Updated July 16, 2014

6 of 7

Ear Pulling vs. Ear Infections

Many babies pull at their ears.

Is it a sign of an ear infection?

Sometimes it is, but often, if your baby is pulling at her ears and has no other symptoms, then it is likely normal. Some of those other symptoms that might indicate your baby has an ear infection include:

  • fussiness
  • fever
  • decreased appetite
  • waking up at night
  • having a runny nose and cough or just getting over a cold, since ear infections are often associated with colds

Without some of these other ear infection symptoms, your baby may be tugging at her ears because she has simply found them, when she is overtired, or because she is teething.

If you think that your child has an ear infection, see your pediatrician to confirm the diagnosis. In addition to ear infection symptoms, your baby should have signs of inflammation of her ear drum on physical exam, such as a red, bulging ear drum, which your pediatrician can see when looking inside your her ears.

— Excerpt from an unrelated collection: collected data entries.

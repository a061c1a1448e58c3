-- ===== src/Ghurl/Spelling/Mend.antt =====
-- internal/ghurl/ghurl.go: `RepairScheme` makes the whole URL of each spelling.
use gh_proxy.Base.{
  drop, ap, ◌||◌, Bool, true, false, ◌++◌, ◌≡◌, refl, ◌∙◌, map, all, if◌then◌else◌, Bytes, codes,
  is_empty,
}
use gh_proxy.GoLib.Strings.{Unicode, is_ascii, lower_byte, has_prefix}
use gh_proxy.GoLib.Url.Plain.{
  all-append, is_plain, is_visible, all-visible, visible_lem, trim_space-visible,
}
use gh_proxy.Ghurl.Repair.{repair_scheme, decode_scheme, add_scheme}
use gh_proxy.Ghurl.Spelling.{
  Host, github, www, raw_content, raw_old, gist_page, gist_content, host_text, Spelling, whole,
  insecure, merged_slash, no_slash, bare, spell, host-visible, spell-visible, rooted, mended,
}

-- `add_scheme` and `decode_scheme` within ASCII
abbrev add_ascii : Bytes → Bytes
add_ascii x =
    let low = map lower_byte x in
    if has_prefix low (codes "https://") || has_prefix low (codes "http://")
    then x
    else if has_prefix low (codes "https:/")
    then codes "https://" ++ drop 7 x
    else if has_prefix low (codes "http:/")
    then codes "http://" ++ drop 6 x
    else if has_prefix low (codes "https:")
    then codes "https://" ++ drop 6 x
    else if has_prefix low (codes "http:")
    then codes "http://" ++ drop 5 x
    else codes "https://" ++ x

abbrev is_encoded : Bytes → Bool
is_encoded x =
    let low = map lower_byte x in
    has_prefix low (codes "https%3a") || has_prefix low (codes "http%3a")

module _ ⦃c : Unicode⦄ (x : Bytes) (v : all is_visible x ≡ true) where
  ascii : is_ascii x ≡ true
  ascii = (visible_lem x v).0

  add_scheme_lem : add_scheme x ≡ add_ascii x
  unfolding add_scheme
  add_scheme_lem = rw ascii refl

  decode_scheme_lem : is_encoded x ≡ false → decode_scheme x ≡ x
  unfolding decode_scheme
  decode_scheme_lem e = rw ascii (rw e refl)

  -- `RepairScheme` on a visible text
  repair_lem : is_empty x ≡ false → is_encoded x ≡ false → repair_scheme x ≡ add_ascii x
  unfolding repair_scheme
  repair_lem e f =
      rw (trim_space-visible x v, e) (ap add_scheme (decode_scheme_lem f) ∙ add_scheme_lem)

module _ ⦃c : Unicode⦄ (s : Bytes) (plain : all is_plain s ≡ true) where
  pub text-visible :
      (sp : Spelling) (h : Host) → all is_visible (spell sp (host_text h ++ rooted s)) ≡ true
  text-visible sp h = spell-visible sp (host_text h ++ rooted s) (
      all-append is_visible (host_text h) (rooted s) (host-visible h)
        (all-visible (rooted s) plain))

  abbrev Mends : Spelling → Host → Type 0
  Mends sp h =
      let x = spell sp (host_text h ++ rooted s) in
      (is_empty x ≡ false) × (is_encoded x ≡ false) × (add_ascii x ≡ mended sp h s)

  mends :
      (h : Host)
      → Mends whole h × Mends insecure h × Mends merged_slash h × Mends no_slash h × Mends bare h
  unfolding has_prefix lower_byte
  mends github = (
    (refl, refl, refl),
    (refl, refl, refl),
    (refl, refl, refl),
    (refl, refl, refl),
    (refl, refl, refl),
  )
  mends www = (
    (refl, refl, refl),
    (refl, refl, refl),
    (refl, refl, refl),
    (refl, refl, refl),
    (refl, refl, refl),
  )
  mends raw_content = (
    (refl, refl, refl),
    (refl, refl, refl),
    (refl, refl, refl),
    (refl, refl, refl),
    (refl, refl, refl),
  )
  mends raw_old = (
    (refl, refl, refl),
    (refl, refl, refl),
    (refl, refl, refl),
    (refl, refl, refl),
    (refl, refl, refl),
  )
  mends gist_page = (
    (refl, refl, refl),
    (refl, refl, refl),
    (refl, refl, refl),
    (refl, refl, refl),
    (refl, refl, refl),
  )
  mends gist_content = (
    (refl, refl, refl),
    (refl, refl, refl),
    (refl, refl, refl),
    (refl, refl, refl),
    (refl, refl, refl),
  )

  repaired :
      (sp : Spelling) (h : Host)
      → Mends sp h
      → repair_scheme (spell sp (host_text h ++ rooted s)) ≡ mended sp h s
  repaired sp h m =
      repair_lem (spell sp (host_text h ++ rooted s)) (text-visible sp h) m.0 m.1 ∙ m.2

  pub spelled_lem :
      (sp : Spelling) (h : Host)
      → repair_scheme (spell sp (host_text h ++ rooted s)) ≡ mended sp h s
  spelled_lem whole h = repaired whole h (mends h).0
  spelled_lem insecure h = repaired insecure h (mends h).1
  spelled_lem merged_slash h = repaired merged_slash h (mends h).2
  spelled_lem no_slash h = repaired no_slash h (mends h).3
  spelled_lem bare h = repaired bare h (mends h).4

If your child does indeed have an ear infection, then she will likely need an antibiotic. The latest ear infection treatment guidelines from the American Academy of Pediatrics does offer an "observation option" for older children so that they can be observed without antibiotics for up to 48 hours to see if they get better on their own, but they state that children under six months of age should always be treated with antibiotics when they have an ear infection.


American Academy of Pediatrics. Clinical Practice Guidelines. Diagnosis and Management of Acute Otitis Media. PEDIATRICS Vol. 113 No. 5 May 2004, pp. 1451-1465.